Il se trouve que nous sommes aujourd'hui confrontés à une dépression économique qui n'a pas eu d'égal... (Brouhaha. Le président agite la cloche.) Nous sommes confrontés à une dépression économique qui n'a pas eu d'égal depuis 1930, Mesdames et Messieurs. A Genève, un tiers des travailleurs sont en réduction de l'horaire de travail et touchent 80% de leur revenu. Il ne s'écoule pas un jour sans que je reçoive quatre ou cinq annonces de licenciement collectif. Nous allons affronter une situation que vous n'avez jamais vue, et ce qui est demandé aux employés de l'Etat où il n'y a pas de licenciements, où il n'y a pas de «personal stop» - pour l'instant, que je sache - où l'on continue à offrir les prestations à la population, c'est une solidarité de 10 francs sur 1000 francs de salaire, de 100 francs sur 10 000 francs de salaire. Ce qui est demandé à ces personnes qui, pendant la crise, ont touché 100% de leur rétribution sans discontinuer, qui savent...

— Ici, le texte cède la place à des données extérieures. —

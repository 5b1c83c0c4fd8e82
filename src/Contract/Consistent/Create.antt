-- ===== src/Contract/Consistent/Create.antt =====
-- contracts/stream/src/lib.rs, `create_stream` and `batch_create_stream`: the consistency of the storage.
use sorostream_contracts.Prelude.{
  ℕ, suc, ◌≡◌, refl, sym, ◌∙◌, subst, Bool, false, Option, none, some, is_some, List, [], ◌∷◌, ◌++◌,
  ◌==◌, arith, update,
}
use sorostream_contracts.Prelude.Int.{ℤ}
use sorostream_contracts.Types.{Address, Stream}
use sorostream_contracts.Call.Rules.{
  Ensures, Ensures-bind, Ensures-pure, Ensures-gets, Ensures-or_err, Ensures-or_panic,
  Ensures-fail_if, Ensures-modify, Ensures-modify_last,
}
use sorostream_contracts.Call.Unchanged.{Unchanged-when}
use sorostream_contracts.Env.{Env, World, publish}
use sorostream_contracts.Storage.Access.{mark_nonce_used}
use sorostream_contracts.Storage.Streams.{stream_exists, derive_stream_id}
use sorostream_contracts.Storage.Index.View.{contains}
use sorostream_contracts.Storage.Index.Distinct.{Distinct, Distinct-append}
use sorostream_contracts.Contract.Create.{
  CreateArgs, new_stream, mem, store_new, create_stream, BatchItem, zip_batch, check_batch,
  create_each, batch_create_stream,
}
use sorostream_contracts.Contract.Frames.{
  Core, core_of, streams_of, is_paused_or_auto_unpause-core, require_auth-core, transfer-core,
  index_global_stream-core, increment_batch_nonce-core,
}
use sorostream_contracts.Contract.Sound.Create.{charge_creation_fee-core}
use sorostream_contracts.Contract.Consistent.{IsConsistent, ConsistentAfter}
use sorostream_contracts.Contract.Consistent.Writes.{keep, store-IsConsistent}

pub is_some-none : (o : Option Stream) → is_some o ≡ false → o ≡ none
is_some-none none h = refl
is_some-none (some s) h = cc

mem-contains : (x : ℕ) (ids : List ℕ) → mem x ids ≡ contains x ids
mem-contains x [] = refl
mem-contains x (y ∷ ids) = ground (arith, mem-contains x ids)

-- None of the identifiers is that of a stored stream.
abbrev Unstored : (ℕ → Option Stream) → List ℕ → Type 0
Unstored f [] = Unit {0}
Unstored f (x ∷ xs) = (f x ≡ none) × Unstored f xs

Unstored-append :
    (f : ℕ → Option Stream) (x : ℕ) (ids : List ℕ)
    → Unstored f ids
    → f x ≡ none
    → Unstored f (ids ++ x ∷ [])
Unstored-append f x [] h free = (free, tt)
Unstored-append f x (y ∷ ids) h free = (h.0, Unstored-append f x ids h.1 free)

-- The identifiers of a batch are free for it: not of stored streams, and not twice the same.
abbrev Away : ℕ → List BatchItem → Type 0
Away k [] = Unit {0}
Away k (x ∷ xs) = (k == x.stream_id ≡ false) × Away k xs

abbrev FreeItems : (ℕ → Option Stream) → List BatchItem → Type 0
FreeItems f [] = Unit {0}
FreeItems f (x ∷ xs) = (f x.stream_id ≡ none) × Away x.stream_id xs × FreeItems f xs

FreeItems-update :
    (f : ℕ → Option Stream) (k : ℕ) (v : Option Stream) (items : List BatchItem)
    → Away k items
    → FreeItems f items
    → FreeItems (update f k v) items
FreeItems-update f k v [] away h = tt
FreeItems-update f k v (x ∷ items) away (free, apart, rest) =
    (rw away.0 free, apart, FreeItems-update f k v items away.1 rest)

zip_batch-Away :
    (k : ℕ) (rs : List Address) (as' : List ℤ) (ts : List Address) (ls xs : List ℕ)
    → contains k xs ≡ false
    → Away k (zip_batch rs as' ts ls xs)
zip_batch-Away k [] as' ts ls xs h = tt
zip_batch-Away k (r ∷ rs) [] ts ls xs h = tt
zip_batch-Away k (r ∷ rs) (a ∷ as') [] ls xs h = tt
zip_batch-Away k (r ∷ rs) (a ∷ as') (t ∷ ts) [] xs h = tt
zip_batch-Away k (r ∷ rs) (a ∷ as') (t ∷ ts) (l ∷ ls) [] h = tt
zip_batch-Away k (r ∷ rs) (a ∷ as') (t ∷ ts) (l ∷ ls) (x ∷ xs) h =
    (ground arith, zip_batch-Away k rs as' ts ls xs (ground arith))

zip_batch-FreeItems :
    (f : ℕ → Option Stream) (rs : List Address) (as' : List ℤ) (ts : List Address) (ls xs : List ℕ)
    → Distinct xs
    → Unstored f xs
    → FreeItems f (zip_batch rs as' ts ls xs)
zip_batch-FreeItems f [] as' ts ls xs d h = tt
zip_batch-FreeItems f (r ∷ rs) [] ts ls xs d h = tt
zip_batch-FreeItems f (r ∷ rs) (a ∷ as') [] ls xs d h = tt
zip_batch-FreeItems f (r ∷ rs) (a ∷ as') (t ∷ ts) [] xs d h = tt
zip_batch-FreeItems f (r ∷ rs) (a ∷ as') (t ∷ ts) (l ∷ ls) [] d h = tt
zip_batch-FreeItems f (r ∷ rs) (a ∷ as') (t ∷ ts) (l ∷ ls) (x ∷ xs) d h =
    (h.0, zip_batch-Away x rs as' ts ls xs d.0, zip_batch-FreeItems f rs as' ts ls xs d.1 h.1)

module _ {C : Type 0} (env : Env C) where
  store_new-IsConsistent :
      (s : Stream) (w : World C)
      → IsConsistent (core_of w)
      → streams_of w s.id ≡ none
      → Ensures (store_new env s) w (λ _ w'.
        IsConsistent (core_of w') × (streams_of w' ≡ update (streams_of w) s.id (some s)))
  unfolding store_new publish
  store_new-IsConsistent s w h free = store-IsConsistent s w h free λ w₁ h₁ e.
      keep (λ c. IsConsistent c × (c.streams ≡ update (streams_of w) s.id (some s)))
        (index_global_stream-core s.id) (h₁, e) λ _ w₂ h₂. Ensures-modify_last _ h₂

  -- If the storage is consistent, then it is after a call of `create_stream` that returns.
  pub create_stream-IsConsistent :
      (args : CreateArgs) (w : World C)
      → IsConsistent (core_of w)
      → Ensures (create_stream env args) w ConsistentAfter
  unfolding create_stream mark_nonce_used stream_exists
  create_stream-IsConsistent args w h =
      let id = derive_stream_id env args.sender args.recipient env.timestamp args.nonce in
      let Ready : Core → Type 0 = λ c. IsConsistent c × (c.streams id ≡ none) in
      keep IsConsistent (require_auth-core env args.sender) h λ _ w₁ h₁.
        keep IsConsistent (is_paused_or_auto_unpause-core env) h₁ λ _ w₂ h₂. Ensures-fail_if _ λ _.
          Ensures-gets _ _ (
            Ensures-fail_if _ λ _. Ensures-fail_if _ λ _. Ensures-fail_if _ λ _.
              Ensures-fail_if _ λ _. Ensures-gets _ _ (
                Ensures-gets _ _ (
                  Ensures-fail_if _ λ _. Ensures-gets _ _ (
                    Ensures-fail_if _ λ _. Ensures-or_panic λ f _. Ensures-fail_if _ λ _.
                      Ensures-gets _ _ (
                        Ensures-gets _ _ (
                          Ensures-fail_if _ λ _. Ensures-modify _ (
                            Ensures-or_err _ λ end_time _. Ensures-fail_if _ λ _.
                              Ensures-or_err _ λ cliff_time _. Ensures-gets _ _ (
                                Ensures-fail_if _ λ absent. Ensures-gets _ _ (
                                  keep {w = mark_nonce_used args.sender args.nonce w₂} Ready
                                    (Unchanged-when core_of _ _
                                      (charge_creation_fee-core env args.sender _))
                                    (h₂, is_some-none _ absent)
                                    λ _ w₃ h₃.
                                      keep Ready
                                        (transfer-core env args.token args.sender
                                          env.current_contract args.amount)
                                        h₃
                                        λ _ w₄ h₄.
                                          Ensures-bind _
                                            (store_new-IsConsistent
                                              (new_stream args id f env.timestamp cliff_time
                                                end_time)
                                              w₄ h₄.0 h₄.1)
                                            λ _ w₅ h₅. Ensures-pure _ h₅.0)))))))))

  check_batch-free :
      (sender : Address) (d i : ℕ) (rs : List Address) (as' : List ℤ) (ids : List ℕ) (w : World C)
      → IsConsistent (core_of w)
      → Distinct ids
      → Unstored (streams_of w) ids
      → Ensures
          (check_batch env sender d i rs as' ids)
          w
          (λ found w'. IsConsistent (core_of w') × Distinct found × Unstored (streams_of w') found)
  unfolding check_batch stream_exists
  check_batch-free sender d i [] as' ids w h distinct free = Ensures-pure _ (h, distinct, free)
  check_batch-free sender d i (r ∷ rs) [] ids w h distinct free = Ensures-pure _ (h, distinct, free)
  check_batch-free sender d i (r ∷ rs) (a ∷ as') ids w h distinct free =
      let id = derive_stream_id env sender r env.timestamp i in
      Ensures-fail_if _ λ _. Ensures-or_panic λ f _. Ensures-fail_if _ λ _. Ensures-gets _ _ (
        Ensures-fail_if _ λ absent. Ensures-fail_if _ λ new.
          check_batch-free sender d (suc i) rs as' _ w h
            (Distinct-append id ids distinct (sym (mem-contains id ids) ∙ new))
            (Unstored-append (streams_of w) id ids free (is_some-none _ absent)))

  create_each-IsConsistent :
      (sender : Address) (d : ℕ) (auto : Bool) (end_time : ℕ) (items : List BatchItem) (w : World C)
      → IsConsistent (core_of w)
      → FreeItems (streams_of w) items
      → Ensures (create_each env sender d auto end_time items) w ConsistentAfter
  unfolding create_each
  create_each-IsConsistent sender d auto end_time [] w h free = Ensures-pure _ h
  create_each-IsConsistent sender d auto end_time (x ∷ items) w h free = Ensures-or_panic λ f rate.
      keep (λ c. IsConsistent c × FreeItems c.streams (x ∷ items))
        (transfer-core env x.token sender env.current_contract x.amount) (h, free)
        λ _ w₁ (h₁, (unused, apart, rest)).
          Ensures-bind _ (store_new-IsConsistent _ w₁ h₁ unused) λ _ w₂ (h₂, e).
            Ensures-bind _
              (create_each-IsConsistent sender d auto end_time items w₂ h₂ (
                subst (λ f. FreeItems f items) (sym e)
                  (FreeItems-update (streams_of w₁) x.stream_id _ items apart rest)))
              λ ids w₃ h₃. Ensures-pure _ h₃

  -- If the storage is consistent, then it is after a call of batch_create_stream that returns: its
  -- first pass refuses the identifiers that are stored or met before, so that the second pass
  -- stores no stream over another.
  pub batch_create_stream-IsConsistent :
      (sender : Address) (rs : List Address) (as' : List ℤ) (ts : List Address) (d : ℕ)
      (auto : Bool) (ls : List ℕ) (nonce : ℕ) (w : World C)
      → IsConsistent (core_of w)
      → Ensures (batch_create_stream env sender rs as' ts d auto ls nonce) w ConsistentAfter
  unfolding batch_create_stream
  batch_create_stream-IsConsistent sender rs as' ts d auto ls nonce w h =
      keep IsConsistent (is_paused_or_auto_unpause-core env) h λ _ w₁ h₁. Ensures-fail_if _ λ _.
        keep IsConsistent (require_auth-core env sender) h₁ λ _ w₂ h₂. Ensures-gets _ _ (
          Ensures-fail_if _ λ _. keep IsConsistent (increment_batch_nonce-core sender) h₂ λ _ w₃ h₃.
            Ensures-fail_if _ λ _. Ensures-or_err _ λ end_time _. Ensures-fail_if _ λ _.
              Ensures-gets _ _ (
                Ensures-gets _ _ (
                  Ensures-or_panic λ total _. Ensures-fail_if _ λ _.
                    Ensures-bind _ (check_batch-free sender d 0 rs as' [] w₃ h₃ tt tt)
                      λ ids w₄ (h₄, distinct, free).
                        create_each-IsConsistent sender d auto end_time _ w₄ h₄
                          (zip_batch-FreeItems (streams_of w₄) rs as' ts ls ids distinct free))))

Une voix. Elles ont travaillé !

M. Mauro Poggia. Elles ont travaillé, bien sûr, elles ne sont pas les seules. (Commentaires.) Beaucoup de gens ont travaillé également, mais n'ont malheureusement pas de perspective, si ce n'est celle de se retrouver au chômage et peut-être un jour à l'aide sociale.

Aussi, je ne peux pas laisser dire dans cette salle que le Conseil d'Etat ne fait qu'exprimer de l'ingratitude à l'égard d'une fonction publique qui a été admirable durant la crise, qui a été au front, qui a soutenu la population, et pas seulement le personnel soignant, même si naturellement, étant à la tête de la santé, je suis sensible à ce qui a été fait. Non, dans leur majorité, les fonctionnaires sont parfaitement conscients de la situation dans laquelle se trouvent nos concitoyennes et concitoyens, et je ne voudrais pas faire croire que les propos que l'on entend ici dans certaines bouches sont ceux d'une fonction publique unanime; au contraire, celle-ci est prête à ce geste de solidarité. Je vous remercie. (Commentaires. Applaudissements. Quelques huées.)

Le président. Merci, Monsieur le conseiller d'Etat. Nous passons au vote sur le renvoi à la commission des finances.

Mis aux voix, le renvoi du rapport du Conseil d'Etat RD 1371 à la commission des finances est adopté par 65 oui contre 8 non et 1 abstention.

P 2084-A
Rapport de la commission des pétitions chargée d'étudier la pétition pour que Genève déclare Paul Biya persona non grata
Ce texte figure dans le volume du Mémorial «Annexes: objets nouveaux» de la session IV des 27 et 28 août 2020.
Rapport de Mme Léna Strasser (S)

Débat

Le président. Nous arrivons aux pétitions, lesquelles sont classées en catégorie II, trente minutes. La première d'entre elles est la P 2084-A. Le rapport est de Mme Léna Strasser, à qui il revient de s'exprimer.

Mme Léna Strasser (S), rapporteuse. Merci, Monsieur le président. La pétition 2084 fait suite à l'agression subie par un journaliste de la RTS l'année dernière ainsi qu'aux manifestations subséquentes devant l'hôtel où séjournait M. Paul Biya, président du Cameroun. L'attaque a été dénoncée et les gardes du corps fautifs condamnés. Cependant, les pétitionnaires estiment que cette atteinte à la liberté de la presse et au droit de manifester sur sol genevois doit être suivie d'effets à plus long terme, notamment par une déclaration du Conseil d'Etat spécifiant que M. Biya n'est plus le bienvenu à Genève.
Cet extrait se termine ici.